** Activity **
Within the entries below, the lines from the one with "is_list_directive _ = true" through the one with "then if (number" are to be set down exactly, both ends kept.

[Stored dataset items]
# # # #

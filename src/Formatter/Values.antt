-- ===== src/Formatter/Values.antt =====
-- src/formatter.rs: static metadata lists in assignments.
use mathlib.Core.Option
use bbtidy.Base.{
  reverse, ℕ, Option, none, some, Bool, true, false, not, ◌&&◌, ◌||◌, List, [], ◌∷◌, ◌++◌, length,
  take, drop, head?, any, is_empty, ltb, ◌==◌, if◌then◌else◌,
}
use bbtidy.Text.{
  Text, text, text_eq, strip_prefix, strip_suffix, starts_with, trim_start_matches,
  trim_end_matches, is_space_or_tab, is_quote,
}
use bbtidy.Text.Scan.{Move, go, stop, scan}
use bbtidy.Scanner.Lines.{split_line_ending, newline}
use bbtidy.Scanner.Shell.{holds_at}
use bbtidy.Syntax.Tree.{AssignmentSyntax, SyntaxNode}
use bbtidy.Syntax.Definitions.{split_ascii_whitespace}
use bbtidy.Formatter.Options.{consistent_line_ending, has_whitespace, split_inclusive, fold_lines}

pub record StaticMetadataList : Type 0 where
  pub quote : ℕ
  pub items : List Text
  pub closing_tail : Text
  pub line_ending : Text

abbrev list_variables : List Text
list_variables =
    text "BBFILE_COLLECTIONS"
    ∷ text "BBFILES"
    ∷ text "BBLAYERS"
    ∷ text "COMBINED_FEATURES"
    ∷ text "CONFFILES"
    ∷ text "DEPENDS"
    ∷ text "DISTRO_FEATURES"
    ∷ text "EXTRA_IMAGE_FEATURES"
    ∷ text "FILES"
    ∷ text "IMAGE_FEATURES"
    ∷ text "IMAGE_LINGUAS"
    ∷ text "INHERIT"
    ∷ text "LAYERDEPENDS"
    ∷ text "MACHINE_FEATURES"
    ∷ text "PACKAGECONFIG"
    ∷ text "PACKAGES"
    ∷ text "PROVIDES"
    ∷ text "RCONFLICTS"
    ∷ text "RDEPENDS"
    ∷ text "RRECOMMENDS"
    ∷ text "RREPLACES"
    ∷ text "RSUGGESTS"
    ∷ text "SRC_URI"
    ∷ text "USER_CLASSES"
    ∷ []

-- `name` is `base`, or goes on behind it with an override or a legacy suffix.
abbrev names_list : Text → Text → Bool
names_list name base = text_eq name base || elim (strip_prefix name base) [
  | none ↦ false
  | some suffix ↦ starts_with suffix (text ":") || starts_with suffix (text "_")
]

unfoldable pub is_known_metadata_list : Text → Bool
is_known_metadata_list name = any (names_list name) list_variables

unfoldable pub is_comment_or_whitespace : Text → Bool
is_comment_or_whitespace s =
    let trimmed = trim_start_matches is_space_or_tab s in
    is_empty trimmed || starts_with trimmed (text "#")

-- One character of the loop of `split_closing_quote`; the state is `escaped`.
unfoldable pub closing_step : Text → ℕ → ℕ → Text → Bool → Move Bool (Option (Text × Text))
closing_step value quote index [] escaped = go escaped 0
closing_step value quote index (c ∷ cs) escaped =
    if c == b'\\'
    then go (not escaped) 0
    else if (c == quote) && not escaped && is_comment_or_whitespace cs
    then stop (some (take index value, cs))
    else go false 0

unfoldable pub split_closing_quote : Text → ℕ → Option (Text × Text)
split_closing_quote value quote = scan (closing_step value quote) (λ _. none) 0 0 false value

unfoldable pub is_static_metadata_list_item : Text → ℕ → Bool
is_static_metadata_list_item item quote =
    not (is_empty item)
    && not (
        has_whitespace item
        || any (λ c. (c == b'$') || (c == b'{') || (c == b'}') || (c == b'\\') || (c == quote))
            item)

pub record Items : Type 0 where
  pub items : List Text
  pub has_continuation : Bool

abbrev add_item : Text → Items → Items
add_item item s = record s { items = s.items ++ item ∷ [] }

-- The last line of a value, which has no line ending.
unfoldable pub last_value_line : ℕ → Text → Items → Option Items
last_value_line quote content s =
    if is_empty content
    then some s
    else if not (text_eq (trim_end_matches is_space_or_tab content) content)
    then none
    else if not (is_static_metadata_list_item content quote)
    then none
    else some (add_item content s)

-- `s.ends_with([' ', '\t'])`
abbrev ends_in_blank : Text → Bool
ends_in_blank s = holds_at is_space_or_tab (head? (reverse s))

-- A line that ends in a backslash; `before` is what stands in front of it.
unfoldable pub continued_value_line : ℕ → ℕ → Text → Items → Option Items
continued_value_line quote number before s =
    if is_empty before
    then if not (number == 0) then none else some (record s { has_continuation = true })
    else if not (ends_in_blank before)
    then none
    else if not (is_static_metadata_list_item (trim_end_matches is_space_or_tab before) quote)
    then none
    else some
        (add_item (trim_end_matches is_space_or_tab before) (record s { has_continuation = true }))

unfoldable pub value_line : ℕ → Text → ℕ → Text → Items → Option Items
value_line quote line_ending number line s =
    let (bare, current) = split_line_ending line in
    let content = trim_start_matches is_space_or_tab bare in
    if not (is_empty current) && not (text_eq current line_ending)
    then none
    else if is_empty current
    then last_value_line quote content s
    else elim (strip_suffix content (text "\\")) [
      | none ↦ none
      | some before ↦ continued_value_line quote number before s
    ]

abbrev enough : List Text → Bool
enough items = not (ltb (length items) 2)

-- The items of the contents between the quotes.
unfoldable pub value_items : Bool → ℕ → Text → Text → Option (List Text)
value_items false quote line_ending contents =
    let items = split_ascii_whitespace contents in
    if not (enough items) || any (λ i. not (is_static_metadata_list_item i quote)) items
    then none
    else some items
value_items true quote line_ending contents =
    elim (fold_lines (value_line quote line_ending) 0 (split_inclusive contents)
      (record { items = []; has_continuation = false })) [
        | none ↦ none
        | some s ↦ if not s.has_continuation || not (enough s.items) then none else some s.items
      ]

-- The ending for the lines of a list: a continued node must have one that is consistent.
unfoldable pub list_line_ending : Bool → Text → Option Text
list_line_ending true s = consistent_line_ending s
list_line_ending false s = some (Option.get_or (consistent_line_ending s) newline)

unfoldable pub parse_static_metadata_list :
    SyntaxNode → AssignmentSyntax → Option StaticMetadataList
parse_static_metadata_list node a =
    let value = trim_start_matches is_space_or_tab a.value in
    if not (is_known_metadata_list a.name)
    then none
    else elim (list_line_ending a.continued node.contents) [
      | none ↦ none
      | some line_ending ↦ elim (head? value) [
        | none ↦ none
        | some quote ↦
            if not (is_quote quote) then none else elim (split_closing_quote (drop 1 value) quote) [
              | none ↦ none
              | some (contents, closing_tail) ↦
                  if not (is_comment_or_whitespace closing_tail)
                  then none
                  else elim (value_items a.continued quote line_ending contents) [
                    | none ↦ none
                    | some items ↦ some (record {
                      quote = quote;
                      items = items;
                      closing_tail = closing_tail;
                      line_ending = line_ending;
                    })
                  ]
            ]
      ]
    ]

# # # #

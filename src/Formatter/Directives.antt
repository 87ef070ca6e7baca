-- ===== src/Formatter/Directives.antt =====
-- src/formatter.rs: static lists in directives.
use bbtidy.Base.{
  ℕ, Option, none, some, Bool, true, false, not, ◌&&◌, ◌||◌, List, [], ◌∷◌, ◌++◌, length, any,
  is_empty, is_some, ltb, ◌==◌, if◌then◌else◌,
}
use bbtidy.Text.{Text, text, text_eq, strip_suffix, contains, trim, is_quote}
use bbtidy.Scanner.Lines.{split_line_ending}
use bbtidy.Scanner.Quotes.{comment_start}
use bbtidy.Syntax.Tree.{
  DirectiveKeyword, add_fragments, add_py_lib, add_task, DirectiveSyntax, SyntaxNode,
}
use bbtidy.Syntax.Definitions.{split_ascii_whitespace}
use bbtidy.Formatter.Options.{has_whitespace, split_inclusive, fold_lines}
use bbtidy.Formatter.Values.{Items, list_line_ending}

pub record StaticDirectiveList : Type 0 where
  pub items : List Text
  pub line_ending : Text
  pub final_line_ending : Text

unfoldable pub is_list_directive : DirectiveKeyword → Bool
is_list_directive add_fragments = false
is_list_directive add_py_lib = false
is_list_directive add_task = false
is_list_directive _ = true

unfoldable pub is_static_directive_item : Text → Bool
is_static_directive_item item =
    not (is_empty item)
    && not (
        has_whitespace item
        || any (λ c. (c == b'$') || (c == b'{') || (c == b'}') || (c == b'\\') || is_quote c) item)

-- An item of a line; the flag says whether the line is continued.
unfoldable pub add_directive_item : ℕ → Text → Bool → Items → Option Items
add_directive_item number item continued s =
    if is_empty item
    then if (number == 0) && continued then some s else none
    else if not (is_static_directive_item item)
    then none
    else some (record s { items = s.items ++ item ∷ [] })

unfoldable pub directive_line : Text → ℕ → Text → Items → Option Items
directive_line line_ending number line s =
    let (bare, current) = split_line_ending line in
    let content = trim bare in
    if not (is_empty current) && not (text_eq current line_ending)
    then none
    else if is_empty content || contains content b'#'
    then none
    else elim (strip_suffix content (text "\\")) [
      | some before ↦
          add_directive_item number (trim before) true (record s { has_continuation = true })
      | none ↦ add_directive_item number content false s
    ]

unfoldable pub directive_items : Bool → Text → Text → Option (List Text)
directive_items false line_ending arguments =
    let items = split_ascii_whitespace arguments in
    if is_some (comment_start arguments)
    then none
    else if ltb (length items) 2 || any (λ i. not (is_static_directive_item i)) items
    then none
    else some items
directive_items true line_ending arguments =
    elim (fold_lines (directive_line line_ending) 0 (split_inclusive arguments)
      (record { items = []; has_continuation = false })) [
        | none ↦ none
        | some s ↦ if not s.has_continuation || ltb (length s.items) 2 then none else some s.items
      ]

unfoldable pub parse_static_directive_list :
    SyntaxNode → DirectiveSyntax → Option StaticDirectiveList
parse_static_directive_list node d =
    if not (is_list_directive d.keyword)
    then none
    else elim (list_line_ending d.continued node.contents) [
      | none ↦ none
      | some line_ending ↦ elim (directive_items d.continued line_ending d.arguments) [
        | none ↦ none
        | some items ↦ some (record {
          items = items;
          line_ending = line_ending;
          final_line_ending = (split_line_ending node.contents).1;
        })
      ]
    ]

# # # #

** Solution to the exercise **
is_list_directive _ = true

unfoldable pub is_static_directive_item : Text → Bool
is_static_directive_item item =
    not (is_empty item)
    && not (
        has_whitespace item
        || any (λ c. (c == b'$') || (c == b'{') || (c == b'}') || (c == b'\\') || is_quote c) item)

-- An item of a line; the flag says whether the line is continued.
unfoldable pub add_directive_item : ℕ → Text → Bool → Items → Option Items
add_directive_item number item continued s =
    if is_empty item
    then if (number == 0) && continued then some s else none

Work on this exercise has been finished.